Supplied records:
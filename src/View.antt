-- ===== src/View.antt =====
-- include/monitor/ui/view_profile.hpp, include/monitor/ui_support.hpp, src/view_profile.cpp and
-- src/ui_support.cpp: the profiles, the views, and the labels that the screens and the JSON share.
pub mod Cycle
use mtop.Base.{
  ℕ, zero, suc, ◌+◌, ◌-◌, ◌%◌, Bool, true, false, ◌&&◌, ◌==◌, ltb, if◌then◌else◌, List, [], ◌∷◌,
  ◌++◌, Option, none, some, get_elem?, is_nil, Bytes, str, beq, trim, lowercase, decimal,
}
use mtop.Base.Double.{Double, literal}
use mtop.Base.Int.{ℤ, pos, negsuc, ◌+ℤ◌}
use mtop.Snapshot.{
  MetricAvailability, available, requires_root, unsupported_hardware, unsupported_os,
  permission_denied, waiting, stale, parse_failed, unavailable, MetricStatus,
}

pub data ViewProfile : Type 0 where
  alpha beta : ViewProfile

unfoldable pub view_profile_name : ViewProfile → Bytes
view_profile_name alpha = str "alpha"
view_profile_name beta = str "beta"

unfoldable pub view_profile_label : ViewProfile → Bytes
view_profile_label alpha = str "Alpha"
view_profile_label beta = str "Beta"

unfoldable pub trim_lower : Bytes → Bytes
trim_lower value = lowercase (trim value)

unfoldable pub parse_view_profile : Bytes → Option ViewProfile
parse_view_profile value =
    let lowered = trim_lower value in
    if beq lowered (str "alpha")
    then some alpha
    else if beq lowered (str "beta")
    then some beta
    else none

pub data ViewMode : Type 0 where
  overview system_io gpu_active : ViewMode

unfoldable pub view_mode_label : ViewMode → Bytes
view_mode_label overview = str "Overview"
view_mode_label system_io = str "System I/O"
view_mode_label gpu_active = str "GPU Active"

-- the position of a mode in `kModes`, and the mode at a position
abbrev pub mode_index : ViewMode → ℕ
mode_index overview = 0
mode_index system_io = 1
mode_index gpu_active = 2

abbrev pub mode_at : ℕ → ViewMode
mode_at zero = overview
mode_at (suc zero) = system_io
mode_at (suc (suc n)) = gpu_active

-- % on int takes the sign of its left side; a negative remainder is brought up by `size`.
abbrev pub wrap_index : ℤ → ℕ
wrap_index (pos n) = n % 3
wrap_index (negsuc n) = (3 - (n + 1) % 3) % 3

unfoldable pub cycle_view_mode : ViewMode → ℤ → ViewMode
unfolding ◌+ℤ◌
cycle_view_mode mode delta = mode_at (wrap_index (pos (mode_index mode) +ℤ delta))

unfoldable pub metric_availability_label : MetricAvailability → Bytes
metric_availability_label available = str "ok"
metric_availability_label requires_root = str "root"
metric_availability_label unsupported_hardware = str "hw"
metric_availability_label unsupported_os = str "os"
metric_availability_label permission_denied = str "denied"
metric_availability_label waiting = str "wait"
metric_availability_label stale = str "stale"
metric_availability_label parse_failed = str "parse"
metric_availability_label unavailable = str "n/a"

unfoldable pub metric_status_label : MetricStatus → Bytes
metric_status_label status =
    let label = metric_availability_label status.availability in
    if is_nil status.reason then label else label ++ (str ": " ++ status.reason)

abbrev unit_at : ℕ → Bytes
unit_at n =
    elim (get_elem? (str "B/s" ∷ str "Ki/s" ∷ str "Mi/s" ∷ str "Gi/s" ∷ str "Ti/s" ∷ []) n) [
      | none ↦ []
      | some u ↦ u
    ]

module _ {F : Type 0} ⦃d : Double F⦄ where
  -- `while (current >= 1024.0 && unit + 1 < 5)`: four rounds at most.
  unfoldable pub scale_down : ℕ → F → ℕ → F × ℕ
  scale_down zero current unit = (current, unit)
  scale_down (suc rounds) current unit =
      let next = scale_down rounds (d.div current (d.of_nat 1024)) (suc unit) in
      if d.le (d.of_nat 1024) current then next else (current, unit)

module _ (F : Type 0) ⦃d : Double F⦄ where
  unfoldable pub compact_rate : ℕ → Bytes
  unfolding scale_down
  compact_rate value =
      let (current, unit) = scale_down {F = F} 4 (d.of_nat value) 0 in
      if unit == 0
      then decimal value ++ unit_at unit
      else if d.le (d.of_nat 10) current
      then d.fixed 0 current ++ unit_at unit
      else d.fixed 1 current ++ unit_at unit

  unfoldable pub format_throughput_rate : Bool → ℕ → Bytes
  unfolding compact_rate
  format_throughput_rate is_available bytes_per_sec =
      if is_available then compact_rate bytes_per_sec else str "n/a"

  unfoldable pub format_throughput_pair : Bool → ℕ → ℕ → Bytes
  unfolding format_throughput_rate
  format_throughput_pair is_available first second =
      if is_available
      then format_throughput_rate true first ++ (str " / " ++ format_throughput_rate true second)
      else str "n/a"

  unfoldable pub format_labeled_throughput_summary :
      Bytes → Bytes → ℕ → Bytes → ℕ → Bool → Bool → Bytes
  unfolding format_throughput_rate
  format_labeled_throughput_summary prefix first_label first second_label second is_available
        compact =
      let gap = if compact then str " " else str "  " in
      if is_available
      then prefix
        ++ (gap
            ++ (first_label
                ++ (str " "
                    ++ (format_throughput_rate true first
                        ++ (gap
                            ++ (second_label
                                ++ (str " " ++ format_throughput_rate true second)))))))
      else prefix ++ (if compact then str " n/a" else str " unavailable")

Problem to work on:
If a line above holds the word "else", copy it.

Answer section:
  ℕ, zero, suc, ◌+◌, ◌-◌, ◌%◌, Bool, true, false, ◌&&◌, ◌==◌, ltb, if◌then◌else◌, List, [], ◌∷◌,
    else if beq lowered (str "beta")
    else none
    if is_nil status.reason then label else label ++ (str ": " ++ status.reason)
      if d.le (d.of_nat 1024) current then next else (current, unit)
      else if d.le (d.of_nat 10) current
      else d.fixed 1 current ++ unit_at unit
      if is_available then compact_rate bytes_per_sec else str "n/a"
      else str "n/a"
      let gap = if compact then str " " else str "  " in
      else prefix ++ (if compact then str " n/a" else str " unavailable")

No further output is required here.